Long-term, I think inbound marketing is way less risky for one simple reason:
We're living in an age of increasing choice and increasing transparency. As
buysers/consumers, we're naturally going to lean increasingly towards
companies that deliver a better product/experience -- not towards those that
happen to place more frequent ads. Those that build their brand by delighting
customers (all the way through the process from marketing to sales to service)
will find that their investments create greater returns.

But, as I said, I'm biased (but that doesn't necessarily make me wrong).

------
iuguy
I've subscribed to SEOMoz for just over a month as part of looking at how we
should be working on SEO specifically at Mandalorian[1], and also to evaluate
how other similar companies use SEO. After a couple of days with the tools I
realised that this actually gave us a whole load of much more useful
information to help with general marketing exercises.

I might have joined for the SEO, but am most definitely staying for the
marketing. I wish Rand and team the greatest success with Moz.
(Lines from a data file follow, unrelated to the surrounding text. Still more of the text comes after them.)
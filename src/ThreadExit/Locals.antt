-- ===== src/ThreadExit/Locals.antt =====
-- src/common/thread_local_inl.h, and the helper of a thread in src/common/thread_local.cpp: objects
-- of a thread, one for each type, which are deleted when it exits. A type is a number, and `deleter`
-- of it the address of `delete_object<T>`, which is not null. Memory is to be had.
use mathlib.Core.Path.{subst}
use contention_prof.Base.{
  ℕ, zero, suc, ◌==◌, ◌≡◌, refl, sym, ◌∙◌, ap, Bool, true, false, ◌||◌, List, [], ◌∷◌, ◌++◌, Option,
  none, some, if◌then◌else◌, map, reverse, arith, inl, inr, Bool-cases, Option-cases, ==→eq,
}
use contention_prof.ThreadExit.{
  Pair, add, run_all, thread_atexit, get_or_new_thread_exit_helper, helper_exit,
}
mod Tests

-- What `thread_atexit_key` gives in a thread, and `value` of the ThreadLocalHelper of each type.
pub record Locals : Type 0 where
  pub helper : Option (List Pair)
  pub values : ℕ → Option ℕ

abbrev pub new_thread : Locals
new_thread = record { helper = none; values = λ type. none }

module _ (deleter : ℕ → ℕ) where
  -- `ThreadLocalHelper<T>::get`; `fresh` is what `new T()` gives
  unfoldable pub get : (type fresh : ℕ) → Locals → ℕ × Locals
  unfolding thread_atexit
  get type fresh t = elim (t.values type) [
    | some a ↦ (a, t)
    | none ↦
        let (done, helper) = thread_atexit (deleter type) fresh t.helper in
        (
          fresh,
          record { helper = helper; values = λ u. if u == type then some fresh else t.values u },
        )
  ]

  -- calls of `get`, each a type and what `new` would give
  unfoldable pub get_all : List (ℕ × ℕ) → Locals → Locals
  unfolding get
  get_all [] t = t
  get_all ((type, fresh) ∷ l) t = get_all l (get type fresh t).1

-- the specification: the first object of each type
abbrev pub lookup : ℕ → List (ℕ × ℕ) → Option ℕ
lookup type [] = none
lookup type ((u, a) ∷ l) = if type == u then some a else lookup type l

abbrev is_some : Option ℕ → Bool
is_some none = false
is_some (some a) = true

abbrev pub made : List (ℕ × ℕ) → List (ℕ × ℕ) → List (ℕ × ℕ)
made have [] = have
made have ((type, fresh) ∷ l) =
    if is_some (lookup type have) then made have l else made (have ++ ((type, fresh) ∷ [])) l

-- what deletes an object
abbrev pub deletion : (ℕ → ℕ) → ℕ × ℕ → Pair
deletion deleter (type, a) = record { fn = deleter type; arg = a }

lookup-append :
    (type u a : ℕ) (l : List (ℕ × ℕ))
    → lookup u l ≡ none
    → lookup type (l ++ ((u, a) ∷ [])) ≡ (if type == u then some a else lookup type l)
lookup-append type u a [] h = refl
lookup-append type u a ((v, b) ∷ l) h = ground (arith, lookup-append type u a l)

map-append :
    {A B : Type 0} (f : A → B) (l : List A) (x : A) → map f (l ++ (x ∷ [])) ≡ map f l ++ (f x ∷ [])
map-append f [] x = refl
map-append f (y ∷ l) x = ap (λ t. f y ∷ t) (map-append f l x)

run_all-reverse : (l : List Pair) → run_all l ≡ reverse l
unfolding run_all
run_all-reverse [] = refl
run_all-reverse (p ∷ l) = ap (λ t. t ++ (p ∷ [])) (run_all-reverse l)

module _ (deleter : ℕ → ℕ) (some_deleter : (type : ℕ) → (deleter type == 0) ≡ false) where
  record Inv (have : List (ℕ × ℕ)) (t : Locals) : Type 0 where
    registered : get_or_new_thread_exit_helper t.helper ≡ map (deletion deleter) have
    known : (type : ℕ) → t.values type ≡ lookup type have

  new_thread-Inv : Inv [] new_thread
  unfolding get_or_new_thread_exit_helper
  new_thread-Inv = record { registered = refl; known = λ type. refl }

  calls :
      (h : Option (List Pair)) (objects : List (ℕ × ℕ))
      → get_or_new_thread_exit_helper h ≡ map (deletion deleter) objects
      → (helper_exit h).0 ≡ reverse (map (deletion deleter) objects)
  unfolding helper_exit get_or_new_thread_exit_helper
  calls none objects e = ap reverse e
  calls (some fns) objects e = run_all-reverse fns ∙ ap reverse e

  get-old :
      (type fresh a : ℕ) (t : Locals) → t.values type ≡ some a → get deleter type fresh t ≡ (a, t)
  unfolding get
  get-old type fresh a t e = rw (get, e) refl

  abbrev with_object : ℕ → ℕ → Locals → Locals
  with_object type fresh t = record {
    helper = some (get_or_new_thread_exit_helper t.helper ++ (deletion deleter (type, fresh) ∷ []));
    values = λ u. if u == type then some fresh else t.values u;
  }

  get-new :
      (type fresh : ℕ) (t : Locals)
      → t.values type ≡ none
      → get deleter type fresh t ≡ (fresh, with_object type fresh t)
  unfolding get
  get-new type fresh t e = rw (get, e, some_deleter type) refl

  with_object-Inv :
      (type fresh : ℕ) (have : List (ℕ × ℕ)) (t : Locals)
      → lookup type have ≡ none
      → Inv have t
      → Inv (have ++ ((type, fresh) ∷ [])) (with_object type fresh t)
  unfolding get_or_new_thread_exit_helper
  with_object-Inv type fresh have t new v = record {
    registered =
        ap (λ l. l ++ (deletion deleter (type, fresh) ∷ [])) v.registered
        ∙ sym (map-append (deletion deleter) have (type, fresh));
    known = λ u.
        ap (λ o. if u == type then some fresh else o) (v.known u)
        ∙ sym (lookup-append u type fresh have new);
  }

  get-Inv :
      (type fresh : ℕ) (have : List (ℕ × ℕ)) (t : Locals)
      → Inv have t
      → Inv (made have ((type, fresh) ∷ [])) (get deleter type fresh t).1
  get-Inv type fresh have t v = elim (Option-cases (lookup type have)) [
    | inl new ↦
        let step = get-new type fresh t (v.known type ∙ new) in
        rw new (
          subst (λ p. Inv (have ++ ((type, fresh) ∷ [])) p.1) (sym step)
            (with_object-Inv type fresh have t new v))
    | inr (a, old) ↦
        let step = get-old type fresh a t (v.known type ∙ old) in
        rw old (subst (λ p. Inv have p.1) (sym step) v)
  ]

  made-cons :
      (have : List (ℕ × ℕ)) (x : ℕ × ℕ) (l : List (ℕ × ℕ))
      → made (made have (x ∷ [])) l ≡ made have (x ∷ l)
  made-cons have (type, fresh) l = elim (Bool-cases (is_some (lookup type have))) [
    | inl old ↦ rw old refl
    | inr new ↦ rw new refl
  ]

  get_all-Inv :
      (l have : List (ℕ × ℕ)) (t : Locals) → Inv have t → Inv (made have l) (get_all deleter l t)
  unfolding get_all
  get_all-Inv [] have t v = v
  get_all-Inv ((type, fresh) ∷ l) have t v =
      subst (λ h. Inv h (get_all deleter l (get deleter type fresh t).1))
        (made-cons have (type, fresh) l)
        (get_all-Inv l (made have ((type, fresh) ∷ [])) (get deleter type fresh t).1
          (get-Inv type fresh have t v))

  -- A new thread that asks for objects of any types, in any order, holds the first one made for
  -- each type, and when it exits exactly these are deleted, the latest first. The deleters are
  -- not null.
  pub get_all-exit :
      (l : List (ℕ × ℕ))
      → let t = get_all deleter l new_thread in
        let objects = made [] l in
        ((helper_exit t.helper).0 ≡ reverse (map (deletion deleter) objects))
        × ((type : ℕ) → t.values type ≡ lookup type objects)
  unfolding helper_exit get_or_new_thread_exit_helper
  get_all-exit l =
      let t = get_all deleter l new_thread in
      let v = get_all-Inv l [] new_thread new_thread-Inv in
      (calls t.helper (made [] l) v.registered, v.known)
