-- ===== src/ThreadExit/Locals/Tests.antt =====
-- Objects of two types.
use contention_prof.Base.{ℕ, ◌+◌, ◌≡◌, refl, List, [], ◌∷◌, map, reverse, arith}
use contention_prof.ThreadExit.{helper_exit}
use contention_prof.ThreadExit.Locals.{new_thread, get_all, lookup, made, deletion, get_all-exit}

abbrev deleter : ℕ → ℕ
deleter type = type + 1

-- the object of type 4 is asked for twice
abbrev calls : List (ℕ × ℕ)
calls = (4, 100) ∷ (7, 200) ∷ (4, 300) ∷ []

two_objects : made [] calls ≡ (4, 100) ∷ (7, 200) ∷ []
two_objects = refl

get_all-exit_example :
    let t = get_all deleter calls new_thread in
    let objects = made [] calls in
    ((helper_exit t.helper).0 ≡ reverse (map (deletion deleter) objects))
    × ((type : ℕ) → t.values type ≡ lookup type objects)
get_all-exit_example = get_all-exit deleter (λ type. ground arith) calls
[1] - <http://www.mandalorian.com/>

------
_k
Their prices are too expensive for SMBs. I also wish they would give us a tool
like Google analytics. The combination would probably make it better. Next :
the CRM market.

------
orangethirty
How is it possible that a marketing business get the site name wrong? Moz ==
Mozilla. Its a big branding issue that could land them in trouble with the
Mozilla legal department.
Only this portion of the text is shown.